*** Opening Input for this task ***
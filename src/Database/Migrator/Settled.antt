-- ===== src/Database/Migrator/Settled.antt =====
-- What a successful run leaves: every migration recorded, and nothing for another run to do.
use gin_di.Prelude.{
  subst, false, append-nil, ◌||◌, ℕ, ◌≡◌, refl, inl, inr, ◌∙◌, ap, sym, List, [], ◌∷◌, ◌++◌, ok,
  All, All-weaken, has, Bool-cases, true, Text, arith, same_refl,
}
use gin_di.Database.Interface.{Database, Records, IsTransactional}
use gin_di.Database.Migrator.{RegisteredMigration, run}
use gin_di.Database.Migrator.Atomic.{IsOrdinary}
use gin_di.Database.Migrator.Reads.{err≢ok}
use gin_di.Database.Migrator.Run.{pending, rows_of, run-RunOutcome}

has-append : (n : Text) (xs ys : Records) → has n (xs ++ ys) ≡ (has n xs || has n ys)
unfolding has
has-append n [] ys = refl
has-append n ((k, b) ∷ xs) ys = ground (arith, has-append n xs ys)

module _ (d : Database) where
  pending_named :
      (rows : Records) (batch : ℕ) (ms : List (RegisteredMigration d))
      → All (λ m. has m.name (rows ++ rows_of d batch (pending d rows ms)) ≡ true) ms
  unfolding has
  pending_named rows batch [] = tt
  pending_named rows batch (m ∷ ms) = elim (Bool-cases (has m.name rows)) [
    | inl e ↦
        subst Named (sym (skipped e))
          (rw (has-append m.name rows _, e) refl, pending_named rows batch ms)
    | inr e ↦ subst Named (sym (kept e)) (
      rw (has-append m.name rows _, e, same_refl m.name) refl,
      All-weaken _ _ ms (λ m'. longer m'.name) (pending_named rows batch ms),
    )
  ]
    where
      Named : List (RegisteredMigration d) → Type 0
      Named p = All (λ m'. has m'.name (rows ++ rows_of d batch p) ≡ true) (m ∷ ms)

      skipped : has m.name rows ≡ true → pending d rows (m ∷ ms) ≡ pending d rows ms
      skipped e = rw e

      kept : has m.name rows ≡ false → pending d rows (m ∷ ms) ≡ m ∷ pending d rows ms
      kept e = rw e

      longer :
          (n : Text)
          → has n (rows ++ rows_of d batch (pending d rows ms)) ≡ true
          → has n (rows ++ rows_of d batch (m ∷ pending d rows ms)) ≡ true
      longer n h = ground (
        arith,
        has-append n rows (rows_of d batch (pending d rows ms)),
        has-append n rows (rows_of d batch (m ∷ pending d rows ms)),
      )

  append-eq-nil : (front back : List (RegisteredMigration d)) → [] ≡ front ++ back → front ≡ []
  append-eq-nil [] back h = refl
  append-eq-nil (m ∷ front) back h = cc

  pending_of_named :
      (rows : Records) (ms : List (RegisteredMigration d))
      → All (λ m. has m.name rows ≡ true) ms
      → pending d rows ms ≡ []
  pending_of_named rows [] h = refl
  pending_of_named rows (m ∷ ms) (e, h) = rw e (pending_of_named rows ms h)

module _ (d : Database) (laws : IsTransactional d) where
  open d use {Db}
  open laws use {recorded}

  -- After a run without an error every migration is recorded.
  run_complete :
      (ms : List (RegisteredMigration d)) (db : Db)
      → All (IsOrdinary d laws) ms
      → (run d ms db).1 ≡ ok tt
      → All (λ m. has m.name (recorded (run d ms db).0) ≡ true) ms
  run_complete ms db h done = elim (run-RunOutcome d laws ms db h) [
    | inl (e, failed, _) ↦ absurd (err≢ok (sym failed ∙ done))
    | inr (batch, _, a) ↦ elim a.ended [
      | inl (_, none_left) ↦
          rw (a.recorded_front, ← whole a.front a.back a.split none_left)
            (pending_named d (recorded db) batch ms)
      | inr (e, failed, _) ↦ absurd (err≢ok (sym failed ∙ done))
    ]
  ]
    where
      whole :
          (front back : List (RegisteredMigration d))
          → pending d (recorded db) ms ≡ front ++ back
          → back ≡ []
          → pending d (recorded db) ms ≡ front
      whole front back split none_left =
          split ∙ ap (λ rest. front ++ rest) none_left ∙ append-nil front

  -- Whatever another run does, it records nothing more.
  run-idle :
      (ms : List (RegisteredMigration d)) (db : Db)
      → All (IsOrdinary d laws) ms
      → All (λ m. has m.name (recorded db) ≡ true) ms
      → recorded (run d ms db).0 ≡ recorded db
  run-idle ms db h all = elim (run-RunOutcome d laws ms db h) [
    | inl (e, _, same_rows) ↦ same_rows
    | inr (batch, _, a) ↦
        let idle : [] ≡ a.front ++ a.back =
          sym (pending_of_named d (recorded db) ms all) ∙ a.split in
        rw (a.recorded_front, append-eq-nil d a.front a.back idle) (append-nil (recorded db))
  ]

  -- A run of ordinary migrations that ends without an error has every migration recorded, and a
  -- run after it records nothing more.
  pub run-settles :
      (ms : List (RegisteredMigration d)) (db : Db)
      → All (IsOrdinary d laws) ms
      → (run d ms db).1 ≡ ok tt
      → All (λ m. has m.name (recorded (run d ms db).0) ≡ true) ms
        × (recorded (run d ms (run d ms db).0).0 ≡ recorded (run d ms db).0)
  run-settles ms db h done =
      let all = run_complete ms db h done in (all, run-idle ms (run d ms db).0 h all)
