-- ===== src/Base/Shifts.antt =====
-- Shifts and masks: `(q << k) | r`, `a & (2 ^ k - 1)` and the bits of a shifted number.
use capucho_os.Base.Bits.Digits.{bit_or_digit, bit_and_digit}
use Prim.Native.Nat.{ℕ, zero, suc, ◌+◌, ◌-◌, ◌*◌, ◌/◌, ◌%◌, ◌^◌, ◌≤◌, ◌<◌, bit_and, bit_or}
use mathlib.Core.Path.{◌∙◌, ◌≡◌, refl, ap}
use native.Mathlib.Nat.{pow-suc, pow-succ', one-le-pow, div-div-eq-div-mul, mod-add-div}
use native.Mathlib.Omega.{arith}
use capucho_os.Base.Tests.{ltb, if◌then◌else◌}
use capucho_os.Base.Bits.{
  test_bit, test_bit-le-one, test_bit-bit_and, test_bit-zero, test_bit_not, bit_and-zero,
  bit_or-zero,
}

-- `(q << k) | r` is a sum where `r` fits `k` bits.
pub bit_or-shifted : (k q r : ℕ) → r < 2 ^ k → bit_or (q * 2 ^ k) r ≡ q * 2 ^ k + r
bit_or-shifted zero q r h = ground (arith, bit_or-zero (q * 1) (q * 1))
bit_or-shifted (suc k) q r h =
    let double : q * 2 ^ suc k ≡ 2 * (q * 2 ^ k) =
      omega (arith, ap (λ (t : ℕ). q * t) (pow-suc 2 k)) in
    let half : q * 2 ^ suc k / 2 ≡ q * 2 ^ k = omega arith in
    omega (
      arith,
      bit_or_digit (q * 2 ^ suc k) r,
      ap (λ (t : ℕ). bit_or t (r / 2)) half,
      bit_or-shifted k q (r / 2) (omega (arith, pow-suc 2 k)),
    )

zero-bit_or_self : (n a : ℕ) → a ≤ n → bit_or 0 a ≡ a
zero-bit_or_self zero a h = let e : a ≡ 0 = omega arith in rw e
zero-bit_or_self (suc n) zero h = refl
zero-bit_or_self (suc n) (suc a) h =
    omega (arith, bit_or_digit 0 (suc a), zero-bit_or_self n (suc a / 2) (omega arith))

-- The same with the shifted part on the right.
pub bit_or-below : (k q r : ℕ) → r < 2 ^ k → bit_or r (q * 2 ^ k) ≡ q * 2 ^ k + r
bit_or-below zero q r h =
    let e : r ≡ 0 = omega arith in
    let one : q * 1 ≡ q = omega arith in
    rw (e, one) (zero-bit_or_self q q (omega arith) ∙ omega arith)
bit_or-below (suc k) q r h =
    let half : q * 2 ^ suc k / 2 ≡ q * 2 ^ k = omega (arith, ap (λ (t : ℕ). q * t) (pow-suc 2 k)) in
    omega (
      arith,
      ap (λ (t : ℕ). q * t) (pow-suc 2 k),
      bit_or_digit r (q * 2 ^ suc k),
      ap (bit_or (r / 2)) half,
      bit_or-below k q (r / 2) (omega (arith, pow-suc 2 k)),
    )

-- `a & (2 ^ k - 1)` keeps the low `k` bits.
mod-double : (a m : ℕ) → a % (2 * m) ≡ a / 2 % m * 2 + a % 2
mod-double a m =
    let outer : a % (2 * m) + 2 * m * (a / (2 * m)) ≡ a = mod-add-div a (2 * m) in
    let inner : a / 2 % m + m * (a / 2 / m) ≡ a / 2 = mod-add-div (a / 2) m in
    let same : 2 * m * (a / (2 * m)) ≡ 2 * (m * (a / 2 / m)) =
      rw (div-div-eq-div-mul a 2 m) (omega arith) in
    omega arith

pub bit_and-mask : (k a : ℕ) → bit_and a (2 ^ k - 1) ≡ a % 2 ^ k
bit_and-mask zero a = omega (arith, bit_and-zero a)
bit_and-mask (suc k) a =
    let half : (2 ^ suc k - 1) / 2 ≡ 2 ^ k - 1 = omega (arith, pow-suc 2 k) in
    let odd : (2 ^ suc k - 1) % 2 ≡ 1 = omega (arith, pow-suc 2 k, one-le-pow k 2) in
    ground (
      arith,
      pow-suc 2 k,
      one-le-pow k 2,
      bit_and_digit a (2 ^ suc k - 1),
      ap (bit_and (a / 2)) half,
      bit_and-mask k (a / 2),
      ap (λ (t : ℕ). a % t) (pow-succ' 2 k),
      mod-double a (2 ^ k),
    )

pub test_bit_lem : (a k : ℕ) → test_bit a k ≡ a / 2 ^ k % 2
unfolding test_bit
test_bit_lem a zero = omega arith
test_bit_lem a (suc k) =
    rw (pow-succ' 2 k, ← div-div-eq-div-mul a 2 (2 ^ k)) (test_bit_lem (a / 2) k)

-- A left shift moves the bits up, a right shift down.
pub test_bit-shift_up :
    (s a j : ℕ) → test_bit (a * 2 ^ s) j ≡ (if ltb j s then 0 else test_bit a (j - s))
unfolding test_bit
test_bit-shift_up zero a j =
    let same : a * 2 ^ 0 ≡ a = omega arith in
    let off : j - 0 ≡ j = omega arith in rw (same, off) (ground arith)
test_bit-shift_up (suc s) a zero = ground (arith, ap (λ (t : ℕ). a * t) (pow-suc 2 s))
test_bit-shift_up (suc s) a (suc j) =
    let half : a * 2 ^ suc s / 2 ≡ a * 2 ^ s = omega (arith, ap (λ (t : ℕ). a * t) (pow-suc 2 s)) in
    let off : suc j - suc s ≡ j - s = omega arith in
    rw (half, off, test_bit-shift_up s a j) (ground arith)

pub test_bit-shift_down : (s a j : ℕ) → test_bit (a / 2 ^ s) j ≡ test_bit a (s + j)
unfolding test_bit
test_bit-shift_down zero a j =
    let same : a / 2 ^ 0 ≡ a = omega arith in let off : 0 + j ≡ j = omega arith in rw (same, off)
test_bit-shift_down (suc s) a j =
    let off : suc s + j ≡ suc (s + j) = omega arith in
    rw (off, pow-succ' 2 s, ← div-div-eq-div-mul a 2 (2 ^ s)) (test_bit-shift_down s (a / 2) j)

-- The low `n` bits are those of the remainder.
pub test_bit-mod : (n a k : ℕ) → k < n → test_bit (a % 2 ^ n) k ≡ test_bit a k
test_bit-mod n a k h =
    let ones : test_bit (2 ^ n - 1 - 0) k ≡ 1 - test_bit 0 k =
      test_bit_not n 0 k (one-le-pow n 2 (omega arith)) h in
    let mask : 2 ^ n - 1 - 0 ≡ 2 ^ n - 1 = omega arith in
    rw (← bit_and-mask n a, test_bit-bit_and a (2 ^ n - 1) k, ← mask, ones, test_bit-zero k)
      (omega (arith, test_bit-le-one a k))

-- The two 32-bit halves of a 64-bit number give the number again.
pub bit_or-halves :
    (n : ℕ) → n < 2 ^ 64 → bit_or (n / 2 ^ 32 % 2 ^ 32 * 2 ^ 32 % 2 ^ 64) (n % 2 ^ 32) ≡ n
bit_or-halves n h =
    let high : n / 2 ^ 32 % 2 ^ 32 * 2 ^ 32 % 2 ^ 64 ≡ n / 2 ^ 32 * 2 ^ 32 = omega arith in
    rw (high, bit_or-shifted 32 (n / 2 ^ 32) (n % 2 ^ 32) (omega arith)) (omega arith)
*** Closing Input for this task ***
**To do**
Nothing but the lines above from the one containing "append-eq-nil (m ∷ front) back h = cc" through the one containing "sym (pending_of_named d" should appear in the answer, each repeated exactly.

**Answer to this exercise**
  append-eq-nil (m ∷ front) back h = cc

  pending_of_named :
      (rows : Records) (ms : List (RegisteredMigration d))
      → All (λ m. has m.name rows ≡ true) ms
      → pending d rows ms ≡ []
  pending_of_named rows [] h = refl
  pending_of_named rows (m ∷ ms) (e, h) = rw e (pending_of_named rows ms h)

module _ (d : Database) (laws : IsTransactional d) where
  open d use {Db}
  open laws use {recorded}

  -- After a run without an error every migration is recorded.
  run_complete :
      (ms : List (RegisteredMigration d)) (db : Db)
      → All (IsOrdinary d laws) ms
      → (run d ms db).1 ≡ ok tt
      → All (λ m. has m.name (recorded (run d ms db).0) ≡ true) ms
  run_complete ms db h done = elim (run-RunOutcome d laws ms db h) [
    | inl (e, failed, _) ↦ absurd (err≢ok (sym failed ∙ done))
    | inr (batch, _, a) ↦ elim a.ended [
      | inl (_, none_left) ↦
          rw (a.recorded_front, ← whole a.front a.back a.split none_left)
            (pending_named d (recorded db) batch ms)
      | inr (e, failed, _) ↦ absurd (err≢ok (sym failed ∙ done))
    ]
  ]
    where
      whole :
          (front back : List (RegisteredMigration d))
          → pending d (recorded db) ms ≡ front ++ back
          → back ≡ []
          → pending d (recorded db) ms ≡ front
      whole front back split none_left =
          split ∙ ap (λ rest. front ++ rest) none_left ∙ append-nil front

  -- Whatever another run does, it records nothing more.
  run-idle :
      (ms : List (RegisteredMigration d)) (db : Db)
      → All (IsOrdinary d laws) ms
      → All (λ m. has m.name (recorded db) ≡ true) ms
      → recorded (run d ms db).0 ≡ recorded db
  run-idle ms db h all = elim (run-RunOutcome d laws ms db h) [
    | inl (e, _, same_rows) ↦ same_rows
    | inr (batch, _, a) ↦
        let idle : [] ≡ a.front ++ a.back =
          sym (pending_of_named d (recorded db) ms all) ∙ a.split in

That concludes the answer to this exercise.